I want to find the best hyperparameters of a neural network by a grid search. Let's say I have:
- activation (ReLU or sigmoid)
- batch size (32, 64, 128 or 256)
so my space of hyper-parameters has 8 points.
My data is:
[1 2 3 4 5 6]
I have limited data, so I do k-fold cross validation for each hyperparameter choice.

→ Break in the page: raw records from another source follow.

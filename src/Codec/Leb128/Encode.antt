-- ===== src/Codec/Leb128/Encode.antt =====
-- light-server/src/codec/leb128.rs, `encode_one`: what the loop writes, in plain arithmetic.
use bitcoin_data.Base.{
  All, IsU64, List, [], append_assoc, arith, bit_and_0x7f, bit_or, bit_or_high, bytes_keyed,
  if◌then◌else◌, length, some, suc, zero, ℕ, ◌%◌, ◌++◌, ◌+◌, ◌/◌, ◌<◌, ◌==◌, ◌^◌, ◌∷◌, ◌≡◌, ◌≤◌,
}
use bitcoin_data.Codec.Leb128.{IsByte, encode_loop, encode_one}

-- The groups of `v`, lowest first, for `v` below 128 ^ (k + 1).
unfoldable pub groups : ℕ → ℕ → List ℕ
groups zero v = v ∷ []
groups (suc k) v =
    let rest = groups k (v / 128) in if v / 128 == 0 then v ∷ [] else (v % 128 + 128) ∷ rest

continued : (g : ℕ) → g < 128 → bit_or g 0x80 ≡ g + 128
continued g h = bit_or_high 7 g 1 h

encode_loop-groups :
    (k v : ℕ) (out : List ℕ)
    → v < 128 ^ suc k
    → encode_loop (suc k) v out ≡ some (out ++ groups k v)
unfolding encode_loop groups
encode_loop-groups zero v out h = ground (arith, bit_and_0x7f v)
encode_loop-groups (suc k) v out h = ground (
  arith,
  bit_and_0x7f v,
  continued (v % 128),
  encode_loop-groups k (v / 128) (out ++ (v % 128 + 128) ∷ []) (omega arith),
  append_assoc out ((v % 128 + 128) ∷ []) (groups k (v / 128)),
)

-- The fuel is enough for every 64-bit value, and `out` is kept in front.
pub encode_one-groups :
    (v : ℕ) (out : List ℕ) → IsU64 v → encode_one v out ≡ some (out ++ groups 9 v)
unfolding encode_one
encode_one-groups v out h = encode_loop-groups 9 v out (omega arith)

pub groups-IsByte : (k v : ℕ) → v < 128 ^ suc k → All IsByte (groups k v)
unfolding groups
groups-IsByte zero v h = omega arith
groups-IsByte (suc k) v h = ground (arith, groups-IsByte k (v / 128) (omega arith))

pub length-groups : (k v : ℕ) → (1 ≤ length (groups k v)) × (length (groups k v) ≤ k + 1)
unfolding groups
length-groups zero v = omega arith
length-groups (suc k) v = ground (arith, length-groups k (v / 128))
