-- ===== src/Codec/Leb128/Decode.antt =====
-- light-server/src/codec/leb128.rs, `decode_leb128_values`: round trip, and behaviour on any input.
use bitcoin_data.Base.{
  IsU64, List, ap, arith, bit_and, bit_and_0x7f, bit_and_pow, bit_or_high, bytes_keyed, ok, refl,
  suc, zero, ℕ, ◌%◌, ◌*◌, ◌++◌, ◌+◌, ◌/◌, ◌<◌, ◌^◌, ◌∷◌, ◌≡◌,
}
use bitcoin_data.Codec.Leb128.{decode_value}
use bitcoin_data.Codec.Leb128.Encode.{groups}
use native.Mathlib.Nat.{div-add-mod}
use native.Mathlib.Numerals.{towards_suc}

pub low_byte : (g : ℕ) → g < 128 → bit_and g 0x80 ≡ 0
low_byte g h = ground (arith, bit_and_pow 7 0 g h)

high_byte : (g : ℕ) → g < 128 → bit_and (g + 128) 0x80 ≡ 128
high_byte g h = let e : g + 128 ≡ 1 * 128 + g = omega arith in rw e (bit_and_pow 7 1 g h)

-- A round on a last byte `g`.
pub last_round :
    (g acc shift : ℕ) (rest : List ℕ)
    → g < 128
    → acc < 2 ^ shift
    → IsU64 (acc + g * 2 ^ shift)
    → decode_value (g ∷ rest) shift acc ≡ ok (acc + g * 2 ^ shift, rest)
unfolding decode_value
last_round g acc shift rest h low fits =
    ground (arith, low_byte g, bit_and_0x7f g, bit_or_high shift acc g)

-- A round on a byte with the top bit set over the group `g`.
pub inner_round :
    (g acc shift : ℕ) (rest : List ℕ)
    → g < 128
    → acc < 2 ^ shift
    → shift + 7 < 64
    → IsU64 (acc + g * 2 ^ shift)
    → decode_value ((g + 128) ∷ rest) shift acc
      ≡ decode_value rest (shift + 7) (acc + g * 2 ^ shift)
unfolding decode_value
inner_round g acc shift rest h low hs fits =
    ground (arith, high_byte g, bit_and_0x7f (g + 128), bit_or_high shift acc g)

pub pow_seven : (s : ℕ) → 2 ^ (s + 7) ≡ 128 * 2 ^ s
pow_seven s = simp towards_suc (omega arith)

-- The lowest group of `w` and the rest, both at bit `s`.
low_and_rest : (w s : ℕ) → w * 2 ^ s ≡ w % 128 * 2 ^ s + w / 128 * 2 ^ (s + 7)
low_and_rest w s = omega (
  arith,
  ap (λ (t : ℕ). t * 2 ^ s) (div-add-mod w 128),
  ap (λ (t : ℕ). w / 128 * t) (pow_seven s),
)

pub group_bound : (acc g s : ℕ) → acc < 2 ^ s → g < 128 → acc + g * 2 ^ s < 2 ^ (s + 7)
group_bound acc g s h k = rw (pow_seven s) (grind arith)

-- `w` is what is still to be read, `acc` what has been read, and k + 1 groups are left at most.
decode_value-groups :
    (k w acc shift : ℕ) (rest : List ℕ)
    → shift + 7 * k ≡ 63
    → w < 128 ^ suc k
    → acc < 2 ^ shift
    → IsU64 (acc + w * 2 ^ shift)
    → decode_value (groups k w ++ rest) shift acc ≡ ok (acc + w * 2 ^ shift, rest)
unfolding groups
decode_value-groups zero w acc shift rest hs hw low fits = last_round w acc shift rest hw low fits
decode_value-groups (suc k) w acc shift rest hs hw low fits = ground (
  arith,
  last_round w acc shift rest,
  low_and_rest w shift,
  group_bound acc (w % 128) shift,
  inner_round (w % 128) acc shift (groups k (w / 128) ++ rest),
  decode_value-groups k (w / 128) (acc + w % 128 * 2 ^ shift) (shift + 7) rest (omega arith)
      (omega arith),
)

-- A decoder started at the front of what `encode_one` wrote gives the value and what follows.
pub decode_value-encoded :
    (v : ℕ) (rest : List ℕ) → IsU64 v → decode_value (groups 9 v ++ rest) 0 0 ≡ ok (v, rest)
decode_value-encoded v rest h = ground (arith, decode_value-groups 9 v 0 0 rest refl (omega arith))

For example I pick ReLU/32 and do 3 trainings:
train = [1 2 3 4], validation = [5 6] => accuracy = 0.9
train = [1 2 5 6], validation = [3 4] => accuracy = 0.7
train = [3 4 5 6], validation = [1 2] => accuracy = 0.8
Now I calculate the average accuracy (0.9 + 0.7 + 0.8)/3 = 0.8 and move to another point of space of hyperparameters (e.g.: ReLU/64), nothing special. And now arises my question: should I reshuffle data before next k-fold split?
For example:
data = [1 3 2 4 5 6]
would result in slightly different train/validation splits:
train = [1 3 2 4], validation = [5 6] (the same as before)
train = [1 3 5 6], validation = [2 4] (different)
train = [2 4 5 6], validation = [1 3] (different)
Should I use the same split for all points or reshuffle?